The Commanding Officer was not a bridge player. Which was just as well because Boomer had been very self-absorbed throughout the journey, not really at all like his usual self. His closest officers in the crew were slightly baffled by this, but then, none of them had read the communication from Admiral Arnold Morgan.
But there was something more on the mind of Commander Dunning. And it was a feeling of general unease about Kerguelen. He was the only man on board who had been there, and he was the only man on board who had taken a serious interest in the mysterious disappearance of the Cuttyhunk. Boomer was normally rock solid in his judgments, and he never mislaid a truly salient fact. With regard to the disappearance of the Cuttyhunk, Boomer had concluded, there was just such a fact, and he had recorded it — the last satellite message of radio operator Dick Elkins: “MAYDAY…MAYDAY…MAYDAY!!..Cuttyhunk 49 south 69…UNDER ATTACK…Japanese…”

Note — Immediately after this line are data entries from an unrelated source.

-- ===== src/Persistent/History.antt =====
-- The states that a persistent collection reaches by writes, those that fail and are cut off again
-- included.
use focal_vector.Base.{
  ℕ, ◌≤◌, ◌<◌, ◌≡◌, ap, sym, ◌∙◌, subst, Option, some, none, List, [], ◌∷◌, ◌++◌, length, take,
}
use focal_vector.Outcome.{Error, ok, err}
use focal_vector.Str.{Str}
use focal_vector.Float.{FloatOps}
use focal_vector.Point.{UpsertPoint}
use focal_vector.Collection.{Collection}
use focal_vector.Wal.{WriteFault, max_frame_bytes, frame, recover}
use focal_vector.Persistent.{PersistentCollection, upsert, delete}
use focal_vector.Persistent.Durable.{
  IsDurable, IsCutOff, fresh-IsDurable, durable_recovers, durable_torn, recovered_as,
}
use focal_vector.Persistent.Writes.{
  IsWritable, Settles, IsDeletable, upsert-IsDurable, upsert_refused, delete-IsDurable,
  delete_refused,
}

module _ (fl : FloatOps) (base : Collection) where
  -- From what the segments hold, with an empty log.
  pub data History : PersistentCollection → Type 0 where
    opened : History (record { inner = base; wal = []; dirty_ids = [] })
    upserted :
        {s s' : PersistentCollection} {n : ℕ} (points : List UpsertPoint)
        → History s
        → (w : IsWritable fl s points) → Settles fl s.inner w.stored
        → upsert fl none s points ≡ (s', ok n)
        → History s'
    deleted :
        {s s' : PersistentCollection} {n : ℕ} (id : Str) (ids : List Str)
        → History s
        → IsDeletable fl s id ids
        → delete none s (id ∷ ids) ≡ (s', ok n)
        → History s'
    upsert_failed :
        {s s' : PersistentCollection} {e : Error} (fault : Option WriteFault)
        (points : List UpsertPoint)
        → History s
        → IsCutOff fault
        → upsert fl fault s points ≡ (s', err e)
        → History s'
    delete_failed :
        {s s' : PersistentCollection} {e : Error} (fault : Option WriteFault) (ids : List Str)
        → History s
        → IsCutOff fault
        → delete fault s ids ≡ (s', err e)
        → History s'

  History-IsDurable : (s : PersistentCollection) → History s → IsDurable fl base s
  History-IsDurable _ opened = fresh-IsDurable fl base
  History-IsDurable _ (upserted {s} {s'} points h w settles e) =
      let (t, f, same, d) = upsert-IsDurable fl base s points w settles (History-IsDurable s h) in
      subst (IsDurable fl base) (ap (λ r. r.0) (sym f ∙ e)) d
  History-IsDurable _ (deleted {s} {s'} id ids h w e) =
      let (t, f, same, d) = delete-IsDurable fl base s id ids w (History-IsDurable s h) in
      subst (IsDurable fl base) (ap (λ r. r.0) (sym f ∙ e)) d
  History-IsDurable _ (upsert_failed {s} {s'} {e} fault points h cut k) =
      subst (IsDurable fl base) (sym (upsert_refused fl fault s s' points e cut k))
        (History-IsDurable s h)
  History-IsDurable _ (delete_failed {s} {s'} {e} fault ids h cut k) =
      subst (IsDurable fl base) (sym (delete_refused fl fault s s' ids e cut k))
        (History-IsDurable s h)

  -- After any sequence of upserts and deletions, each of which commits a record within the decoder's
  -- limits, or fails with no byte left in the log, reopening the log rebuilds the collection in memory
  -- and the changed IDs, and keeps the whole log. The points of an upsert have a metric other than
  -- cosine, or are left as they are when they are prepared again.
  pub History-recovers :
      (s : PersistentCollection) → History s → recover fl base s.wal ≡ some (ok (recovered_as s))
  History-recovers s h = durable_recovers fl base s (History-IsDurable s h)

  -- After any sequence of upserts and deletions that each commit a record within the decoder's limits,
  -- or fail with no byte left in the log, the points of an upsert having a metric other than cosine or
  -- being left as they are when they are prepared again: if the process dies while it writes one more
  -- frame, of at most 256 MiB, and leaves less than the whole of it, reopening gives the collection as it
  -- was before, its changed IDs, and the length to which the log is cut.
  pub torn-History_recovers :
      (s : PersistentCollection) (last : List ℕ) (n : ℕ)
      → History s
      → length last ≤ max_frame_bytes
      → n < length (frame last)
      → recover fl base (s.wal ++ take n (frame last)) ≡ some (ok (recovered_as s))
  torn-History_recovers s last n h small few =
      durable_torn fl base s last n (History-IsDurable s h) small few
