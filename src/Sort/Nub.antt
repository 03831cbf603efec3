-- ===== src/Sort/Nub.antt =====
-- Sorting and dropping what compares as equal.
use Prim.Native.Nat.{Ordering}
use focal_vector.Base.{
  Bool, true, false, not, ◌≡◌, refl, sym, ap, ◌∙◌, List, [], ◌∷◌, All, All-imp, keep, arith,
  Bool-cases, inl, inr,
}
use focal_vector.Order.{is_eq, is_le, IsPreorder}
use focal_vector.Sort.{insert_before, sort, IsSorted}
use focal_vector.Sort.Laws.{le_trans, sort-IsSorted}
use focal_vector.Sort.Unique.{All-keep}

module _ {ℓ} {A : Type ℓ} where
  -- The first of the elements that are told apart by no test stays.
  unfoldable pub nub : (A → A → Bool) → List A → List A
  nub same [] = []
  nub same (x ∷ xs) = x ∷ keep (λ y. not (same x y)) (nub same xs)

  pub keep_all : (f : A → Bool) (xs : List A) → All (λ x. f x ≡ true) xs → keep f xs ≡ xs
  keep_all f [] a = refl
  keep_all f (x ∷ xs) a = rw a.0 (ap (λ ys. x ∷ ys) (keep_all f xs a.1))

  -- A filter after one that implies it.
  pub keep-keep :
      (f g : A → Bool)
      → ((x : A) → g x ≡ true → f x ≡ true)
      → (xs : List A) → keep f (keep g xs) ≡ keep g xs
  keep-keep f g h [] = refl
  keep-keep f g h (x ∷ xs) = elim (Bool-cases (g x)) [
    | inl e ↦ rw (e, h x e) (ap (λ ys. x ∷ ys) (keep-keep f g h xs))
    | inr e ↦ rw e (keep-keep f g h xs)
  ]

  pub keep_same : (f g : A → Bool) (xs : List A) → All (λ x. f x ≡ g x) xs → keep f xs ≡ keep g xs
  keep_same f g [] a = refl
  keep_same f g (x ∷ xs) a = elim (Bool-cases (g x)) [
    | inl e ↦ rw (a.0 ∙ e, e) (ap (λ ys. x ∷ ys) (keep_same f g xs a.1))
    | inr e ↦ rw (a.0 ∙ e, e) (keep_same f g xs a.1)
  ]

  pub All-nub {κ} :
      (P : A → Type κ) (same : A → A → Bool) (xs : List A) → All P xs → All P (nub same xs)
  unfolding nub
  All-nub P same [] a = tt
  All-nub P same (x ∷ xs) a = (a.0, All-keep P _ (nub same xs) (All-nub P same xs a.1))

  keep_swap : (f g : A → Bool) (xs : List A) → keep f (keep g xs) ≡ keep g (keep f xs)
  keep_swap f g [] = refl
  keep_swap f g (x ∷ xs) = elim (Bool-cases (f x)) [
    | inl d ↦ elim (Bool-cases (g x)) [
      | inl e ↦ rw (d, e, d) (ap (λ ys. x ∷ ys) (keep_swap f g xs))
      | inr e ↦ rw (d, e) (keep_swap f g xs)
    ]
    | inr d ↦ elim (Bool-cases (g x)) [
      | inl e ↦ rw (d, e, d) (keep_swap f g xs)
      | inr e ↦ rw (d, e) (keep_swap f g xs)
    ]
  ]

module _ {ℓ} {A : Type ℓ} {cmp : A → A → Ordering} (p : IsPreorder cmp) where
  -- elements that compare as equal
  abbrev pub equals : A → A → Bool
  equals x y = is_eq (cmp x y)

  abbrev apart : A → A → Bool
  apart x y = not (is_eq (cmp x y))

  insert_first :
      (x : A) (ys : List A) → All (λ y. is_le (cmp x y) ≡ true) ys → insert_before cmp x ys ≡ x ∷ ys
  unfolding insert_before
  insert_first x [] a = refl
  insert_first x (y ∷ ys) a = rw a.0 refl

  keep-IsSorted : (f : A → Bool) (xs : List A) → IsSorted cmp xs → IsSorted cmp (keep f xs)
  keep-IsSorted f [] s = tt
  keep-IsSorted f (x ∷ xs) s = elim (Bool-cases (f x)) [
    | inl e ↦ rw e (All-keep _ f xs s.0, keep-IsSorted f xs s.1)
    | inr e ↦ rw e (keep-IsSorted f xs s.1)
  ]

  nub-IsSorted : (xs : List A) → IsSorted cmp xs → IsSorted cmp (nub equals xs)
  unfolding nub
  nub-IsSorted [] s = tt
  nub-IsSorted (x ∷ xs) s = (
    All-keep _ _ (nub equals xs) (All-nub _ equals xs s.0),
    keep-IsSorted _ (nub equals xs) (nub-IsSorted xs s.1),
  )

  keep-insert_true :
      (f : A → Bool) (x : A) (xs : List A)
      → f x ≡ true
      → IsSorted cmp xs
      → keep f (insert_before cmp x xs) ≡ insert_before cmp x (keep f xs)
  unfolding insert_before
  keep-insert_true f x [] t s = rw t refl
  keep-insert_true f x (y ∷ ys) t s = elim (Bool-cases (is_le (cmp x y))) [
    | inl e ↦
        let later = All-imp (λ z h. le_trans p x y z e h) ys s.0 in
        rw (insert_before, e, t)
          (sym (insert_first x (keep f (y ∷ ys)) (All-keep _ f (y ∷ ys) (e, later))))
    | inr e ↦ elim (Bool-cases (f y)) [
      | inl d ↦ rw (insert_before, e, d, e) (ap (λ zs. y ∷ zs) (keep-insert_true f x ys t s.1))
      | inr d ↦ rw (insert_before, e, d) (keep-insert_true f x ys t s.1)
    ]
  ]

  keep-insert_false :
      (f : A → Bool) (x : A) (xs : List A)
      → f x ≡ false
      → keep f (insert_before cmp x xs) ≡ keep f xs
  unfolding insert_before
  keep-insert_false f x [] t = rw t refl
  keep-insert_false f x (y ∷ ys) t = elim (Bool-cases (is_le (cmp x y))) [
    | inl e ↦ rw (insert_before, e, t) refl
    | inr e ↦ elim (Bool-cases (f y)) [
      | inl d ↦ rw (insert_before, e, d) (ap (λ zs. y ∷ zs) (keep-insert_false f x ys t))
      | inr d ↦ rw (insert_before, e, d) (keep-insert_false f x ys t)
    ]
  ]

  -- A filter before sorting or after it.
  pub keep-sort : (f : A → Bool) (xs : List A) → keep f (sort cmp xs) ≡ sort cmp (keep f xs)
  unfolding sort
  keep-sort f [] = refl
  keep-sort f (x ∷ xs) = elim (Bool-cases (f x)) [
    | inl e ↦
        keep-insert_true f x (sort cmp xs) e (sort-IsSorted p xs)
        ∙ ap (insert_before cmp x) (keep-sort f xs)
        ∙ rw e refl
    | inr e ↦ keep-insert_false f x (sort cmp xs) e ∙ keep-sort f xs ∙ rw e refl
  ]

  nub-insert_before :
      (x : A) (xs : List A)
      → IsSorted cmp xs
      → nub equals (insert_before cmp x xs) ≡ insert_before cmp x (keep (apart x) (nub equals xs))
  unfolding nub insert_before
  nub-insert_before x [] s = refl
  nub-insert_before x (y ∷ ys) s = elim (Bool-cases (is_le (cmp x y))) [
    | inl e ↦
        let later = All-imp (λ z h. le_trans p x y z e h) ys s.0 in
        rw (insert_before, e)
          (sym (
            insert_first x (keep (apart x) (nub equals (y ∷ ys)))
              (All-keep _ (apart x) (nub equals (y ∷ ys)) (All-nub _ equals (y ∷ ys) (e, later)))))
    | inr e ↦
        let there : apart x y ≡ true = ground (arith, e) in
        let back : apart y x ≡ true = ground (arith, e, p.swap x y) in
        let rest = keep (apart x) (nub equals ys) in
        let inner : nub equals (insert_before cmp x ys) ≡ insert_before cmp x rest =
          nub-insert_before x ys s.1 in
        let sorted : IsSorted cmp rest =
          keep-IsSorted (apart x) (nub equals ys) (nub-IsSorted ys s.1) in
        rw (insert_before, e, there, insert_before, e)
          (ap (λ zs. y ∷ zs)
            (ap (keep (apart y)) inner
              ∙ keep-insert_true (apart y) x rest back sorted
              ∙ ap (insert_before cmp x) (keep_swap (apart y) (apart x) (nub equals ys))))
  ]

  -- Dropping equal elements before sorting or after it.
  pub nub-sort : (xs : List A) → nub equals (sort cmp xs) ≡ sort cmp (nub equals xs)
  unfolding nub sort
  nub-sort [] = refl
  nub-sort (x ∷ xs) =
      nub-insert_before x (sort cmp xs) (sort-IsSorted p xs)
      ∙ ap (λ ys. insert_before cmp x (keep (apart x) ys)) (nub-sort xs)
      ∙ ap (insert_before cmp x) (keep-sort (apart x) (nub equals xs))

As far as Boomer was concerned this meant Cuttyhunk had most definitely come under attack, otherwise the radio operator would not have dreamed of sending such a highly charged communication. The fact that the signal had ended with such brick-wall finality was compounded by the undisputed fact that the entire ship’s company plus even the ship itself, plus all of the scientists, had vanished.
It was obvious to Boomer that Elkins’s Japanese were plainly Taiwanese, the group for whom he now searched. They had clearly attacked the Cuttyhunk with some fairly heavy-duty hardware. Their motive was equally conspicuous in Boomer’s mind: simple fear of discovery. The Woods Hole research ship had certainly posed no military threat.